NOTE:If you already had any Windows 7 or Vista installations,you will notice that the XP installation will overwrite the nt60(bootloader used by win7&vista)by nt52(that of xp).Don't panic,you can multiboot entry for the newly installed XP and the 'already present' OS once you finish the Xp installation using EasyBCD as described below.

9.Install and open EasyBCD in xp.
Goto *Bootloader setup*.
Under *MBR configuration options* Check mark *Windows 7/Vista bootloader to the MBR.* and press *Write MBR*.
Goto *Add New Entry*.Under *Operating Systems* section and *Windows* tab,select *Windows NT/2k/Xp/2k3* from the drop box.
Uncheck *Automatically detect correct drive*.Select the correct drive from the drop box and click *Add Entry*.Check under *Edit Boot Menu* to see if the desire boot entries are present.

And that's it.Thanks


----------



## cute.bandar (Apr 29, 2011)

isn't it just simpler to use wintoflash Or Sardu ? to make a bootable xp installation media ? or am i missing something


----------



## Neuron (Apr 29, 2011)

Well, I did try that.It was giving some BSOD error before entering setup.I also tried methods like creating RAM disks and such.None of them worked form me.


----------



## cute.bandar (Apr 29, 2011)

well you are right wintoflash gave me errors as well.

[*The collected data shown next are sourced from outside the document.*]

-- ===== src/Reporting.antt =====
-- src/reporting/report.py: the report, which restates what the stages concluded.
pub mod Human
use eu_ai_act_compliance.Prelude.{ℕ, String, Bool, List, [], ◌∷◌, ltb, length, ◌+s◌}
use eu_ai_act_compliance.Calendar.{Date}
use eu_ai_act_compliance.Schemas.Facts.{ExtractedFacts}
use eu_ai_act_compliance.Schemas.Classification.{ClassificationResult}
use eu_ai_act_compliance.Schemas.Evidence.{EvidenceAssessment}
use eu_ai_act_compliance.Obligations.{Obligation}
use eu_ai_act_compliance.Gaps.{Gap}
use eu_ai_act_compliance.Review.{ReviewFlag}

pub record ComplianceReport : Type 0 where
  pub facts : ExtractedFacts
  pub as_of : Date
  pub classification : ClassificationResult
  pub obligations : List Obligation
  pub evidence_assessments : List EvidenceAssessment
  pub gaps : List Gap
  pub review_flags : List ReviewFlag
  pub recommended_actions : List String

-- `ComplianceReport.requires_human_review`
unfoldable pub requires_human_review : ComplianceReport → Bool
requires_human_review report = ltb 0 (length report.review_flags)

-- `_recommended_actions`
unfoldable pub recommended_actions_of : List Gap → List String
recommended_actions_of [] = []
recommended_actions_of (gap ∷ rest) =
    ("Provide evidence addressing " +s gap.citation +s " (" +s gap.requirement_key +s "): "
      +s gap.obligation_summary)
    ∷ recommended_actions_of rest

unfoldable pub build_report :
    ExtractedFacts
    → Date
    → ClassificationResult
    → List Obligation
    → List EvidenceAssessment
    → List Gap
    → List ReviewFlag
    → ComplianceReport
unfolding recommended_actions_of
build_report facts as_of classification obligations evidence_assessments gaps review_flags =
    record {
      facts = facts;
      as_of = as_of;
      classification = classification;
      obligations = obligations;
      evidence_assessments = evidence_assessments;
      gaps = gaps;
      review_flags = review_flags;
      recommended_actions = recommended_actions_of gaps;
    }
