-- ===== src/Api/Routes/Pages.antt =====
-- src/api/routers/assessment.py: the page of a report, for a new and for a past assessment. A dictionary
-- is a list of its entries, in which a key may be repeated with the same value.
use eu_ai_act_compliance.Prelude.{String, List, [], ◌∷◌, map, Option, none, some}
use eu_ai_act_compliance.Result.{http_exception, Result, ok, err, ◌>>=◌}
use eu_ai_act_compliance.Persistence.Engine.{Engine}
use eu_ai_act_compliance.Persistence.Models.{User, AssessmentRecord}
use eu_ai_act_compliance.Persistence.Tenancy.{SessionInfo}
use eu_ai_act_compliance.Schemas.Classification.{
  CitedRequirement, CategoryClassification, ClassificationResult,
}
use eu_ai_act_compliance.Legal.Store.{LegalStore}
use eu_ai_act_compliance.Legal.Queries.{
  RequirementResult, CrosswalkResult, find_requirement_by_key, find_crosswalks_by_requirement_key,
}
use eu_ai_act_compliance.Obligations.{Obligation}
use eu_ai_act_compliance.Reporting.{ComplianceReport, build_report}
use eu_ai_act_compliance.Auth.Users.{get_user}
use eu_ai_act_compliance.Observability.AssessmentLog.{
  Codec, Assessment, ReconstructedAssessment, reconstruct_assessment,
}

-- The context of the template report.html.
pub record ReportPage : Type 0 where
  pub report : ComplianceReport
  pub assessment_id : String
  pub file_errors : List String
  pub citation_texts : List (String × String)
  pub crosswalks : List (String × List CrosswalkResult)
  pub created_by_user_id : Option String
  pub user_emails : List (String × String)

module _ (engine : Engine) (info : SessionInfo) (store : LegalStore) (users : List User) where
  cited_text : String → Option RequirementResult → List (String × String) → List (String × String)
  cited_text key none texts = texts
  cited_text key (some result) texts = (key, result.provision_text) ∷ texts

  texts_cited_by : List CitedRequirement → List (String × String) → List (String × String)
  unfolding cited_text
  texts_cited_by [] texts = texts
  texts_cited_by (c ∷ rest) texts =
      cited_text c.requirement_key (find_requirement_by_key engine store c.requirement_key)
        (texts_cited_by rest texts)

  citation_texts : List CategoryClassification → List (String × String)
  unfolding texts_cited_by
  citation_texts [] = []
  citation_texts (a ∷ rest) = texts_cited_by a.cited_requirements (citation_texts rest)

  -- `_citation_texts_for`
  unfoldable pub citation_texts_for : ClassificationResult → List (String × String)
  unfolding citation_texts
  citation_texts_for classification = citation_texts classification.assessments

  -- `_crosswalks_for`
  unfoldable pub crosswalks_for : List Obligation → List (String × List CrosswalkResult)
  crosswalks_for obligations =
      map
        (λ o.
          (o.requirement_key, find_crosswalks_by_requirement_key engine store o.requirement_key))
        obligations

  email_of : String → Option User → List (String × String) → List (String × String)
  email_of user_id none emails = emails
  email_of user_id (some user) emails = (user_id, user.email) ∷ emails

  -- `_user_emails_for`
  unfoldable pub user_emails_for : List (Option String) → Result (List (String × String))
  unfolding email_of
  user_emails_for [] = ok []
  user_emails_for (none ∷ rest) = user_emails_for rest
  user_emails_for (some user_id ∷ rest) = do
    found ← get_user engine info user_id users
    emails ← user_emails_for rest
    ok (email_of user_id found emails)

  -- The page of an assessment, which both routes end in.
  unfoldable pub report_page :
      (assessment_id : String) (file_errors : List String) → Assessment → Result ReportPage
  report_page assessment_id file_errors a = do
    user_emails ← user_emails_for (a.created_by_user_id ∷ [])
    ok (record {
      report =
          build_report a.facts a.as_of a.classification a.obligations a.evidence_assessments a.gaps
            a.review_flags;
      assessment_id = assessment_id;
      file_errors = file_errors;
      citation_texts = citation_texts_for a.classification;
      crosswalks = crosswalks_for a.obligations;
      created_by_user_id = a.created_by_user_id;
      user_emails = user_emails;
    })

  past_page : Option ReconstructedAssessment → Result ReportPage
  unfolding report_page
  past_page none = err (http_exception 404 "Assessment not found.")
  past_page (some reconstructed) =
      report_page reconstructed.assessment_id [] reconstructed.assessment

  unfoldable pub show_past_assessment :
      Codec → (assessment_id : String) → List AssessmentRecord → Result ReportPage
  unfolding past_page
  show_past_assessment codec assessment_id table = do
    reconstructed ← reconstruct_assessment codec engine info assessment_id table
    past_page reconstructed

But Sardu worked just fine.


----------



## sygeek (Apr 29, 2011)

Wow, some people still use XP! Anyways, thanks for sharing


----------



## cute.bandar (Apr 29, 2011)

> Wow, some people still use XP!


 thats not really surprising considering how vista/7 brought nothing really revolutionary to the table.


----------



## sygeek (Apr 29, 2011)

cute.bandar said:


> thats not really surprising considering how vista/7 brought nothing really revolutionary to the table.

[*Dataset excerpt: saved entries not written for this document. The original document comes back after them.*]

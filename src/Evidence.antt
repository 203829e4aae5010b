-- ===== src/Evidence.antt =====
-- src/evidence/assess.py and prompts/evidence_assessor/v1.py: from an obligation and the evidence
-- for it to an assessment.
pub mod FileIngestion
pub mod Prompt
pub mod Assessed
use eu_ai_act_compliance.Prelude.{
  String, Bool, true, false, not, ◌||◌, Option, none, some, List, [], ◌∷◌, map, is_nonempty, strip,
  str_eq, ◌+s◌, if◌then◌else◌,
}
use eu_ai_act_compliance.Result.{structured_output_error, Result, ok, err, ◌>>=◌ as and_then}
use eu_ai_act_compliance.Exec.{Exec, pure, continue, ◌>>=◌}
use eu_ai_act_compliance.Rendering.{Rendering}
use eu_ai_act_compliance.Llm.{LlmCallMetadata, ResponseModel, LlmClient}
use eu_ai_act_compliance.Obligations.{Obligation}
use eu_ai_act_compliance.Evidence.Prompt.{prompt_version, system_prompt, build_user_prompt}
use eu_ai_act_compliance.Schemas.Enums.Dimension
use eu_ai_act_compliance.Schemas.Enums.EvidenceStatus.{insufficient_evidence}
use eu_ai_act_compliance.Schemas.Evidence.{EvidenceAssessment, validate}

-- `_insufficient_evidence`
unfoldable pub insufficient : Obligation → String → Result EvidenceAssessment
insufficient obligation rationale = validate (record {
  requirement_key = obligation.requirement_key;
  status = insufficient_evidence;
  dimensions =
      map (λ d. record { dimension = d; met = false; note = "Not assessed." }) Dimension.members;
  rationale = rationale;
  contradictions = [];
})

-- `EvidenceAssessment.model_validate_json`, over the parser of JSON into the typed fields
abbrev pub evidence_model : (String → Result EvidenceAssessment) → ResponseModel EvidenceAssessment
evidence_model decode = record {
  name = "EvidenceAssessment";
  model_validate_json = λ raw. and_then (decode raw) validate;
}

abbrev pub no_evidence : Obligation → String
no_evidence obligation = "No evidence supplied for " +s obligation.requirement_key +s "."

abbrev pub wrong_key : Rendering → Obligation → EvidenceAssessment → String
wrong_key rendering obligation assessment =
    "Model returned an assessment for requirement_key="
    +s rendering.repr assessment.requirement_key
    +s ", expected "
    +s rendering.repr obligation.requirement_key
    +s "; failing closed."

-- `not evidence_text or not evidence_text.strip()`
unfoldable pub is_blank : String → Bool
unfolding strip
is_blank text = not (is_nonempty text) || not (is_nonempty (strip text))

-- `evidence_by_key.get(key, "")`
unfoldable pub evidence_of : String → List (String × String) → String
evidence_of key [] = ""
evidence_of key ((k, text) ∷ rest) = if str_eq k key then text else evidence_of key rest

module _ {S : Type 0} (client : LlmClient S) (rendering : Rendering)
    (decode : String → Result EvidenceAssessment) where
  -- The outcome of the call: its value, or what `except StructuredOutputError` makes of it.
  unfoldable pub answered :
      Obligation → Result (EvidenceAssessment × LlmCallMetadata) → Result EvidenceAssessment
  answered obligation (ok (assessment, _)) =
      if not (str_eq assessment.requirement_key obligation.requirement_key)
      then insufficient obligation (wrong_key rendering obligation assessment)
      else ok assessment
  answered obligation (err (structured_output_error _ _)) =
      insufficient obligation "Model output failed schema validation twice; failing closed."
  answered obligation (err e) = err e

  abbrev pub ask : Obligation → String → Exec S (EvidenceAssessment × LlmCallMetadata)
  ask obligation evidence_text =
      client.generate_structured EvidenceAssessment (evidence_model decode)
        (system_prompt rendering) (build_user_prompt obligation evidence_text) prompt_version

  unfoldable pub assess_evidence : Obligation → String → Exec S EvidenceAssessment
  unfolding answered is_blank
  assess_evidence obligation evidence_text s =
      if is_blank evidence_text
      then (insufficient obligation (no_evidence obligation), s)
      else let (r, s') = ask obligation evidence_text s in (answered obligation r, s')

  unfoldable pub assess_all_obligations :
      List Obligation → List (String × String) → Exec S (List EvidenceAssessment)
  unfolding evidence_of
  assess_all_obligations [] evidence_by_key = pure []
  assess_all_obligations (obligation ∷ rest) evidence_by_key = do
    assessment ← assess_evidence obligation (evidence_of obligation.requirement_key evidence_by_key)
    assessments ← assess_all_obligations rest evidence_by_key
    pure (assessment ∷ assessments)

Use it as much as you want....until 2014 when microsoft ends the support for XP.


----------



## cute.bandar (Apr 29, 2011)

i do have plans to do that actually.


----------



## nims11 (Apr 29, 2011)

thanx neuron for the tutorial, helpful for me as i am too a XP guy.


----------



## hdsk.23 (May 8, 2011)

cute.bandar said:


> isn't it just simpler to use wintoflash Or Sardu ? to make a bootable xp installation media ? or am i missing something



yeah missing something..
wintoflash is problem..
Well method which i feels simplest is here. Posted on my blog!
JUST UPDATE YOURSELF! » Blog Archive » Install Windows XP using USB Flash Disk/ Flash Drive – Step by Step Guide

its an step by step guide!


----------



## Garbage (May 8, 2011)

You also might want to give a try to UNetbootin.


----------



## rahulonmars (Aug 28, 2012)

Can't we just follow the foloowing easy steps :

1. Format the pen drive.
2. Copy all the files from the Windows XP .iso image.
3. Copy the "boot" folder from your Windows 7 iso image/directory to your desktop 
                                  OR
   you can also download the boot folder. 
  Link - *www.sumedh.info/files/bootsect.zip
  Password - 123
4. Open cmd and point to the directory where you have copied boot folder. Lets say its C:\Users\Admin\Desktop\boot
5. Enter the followinf command:
    Bootsect.exe /nt60 H:
   'H' is the letter of your pen drive.

Voila ! Its done


----------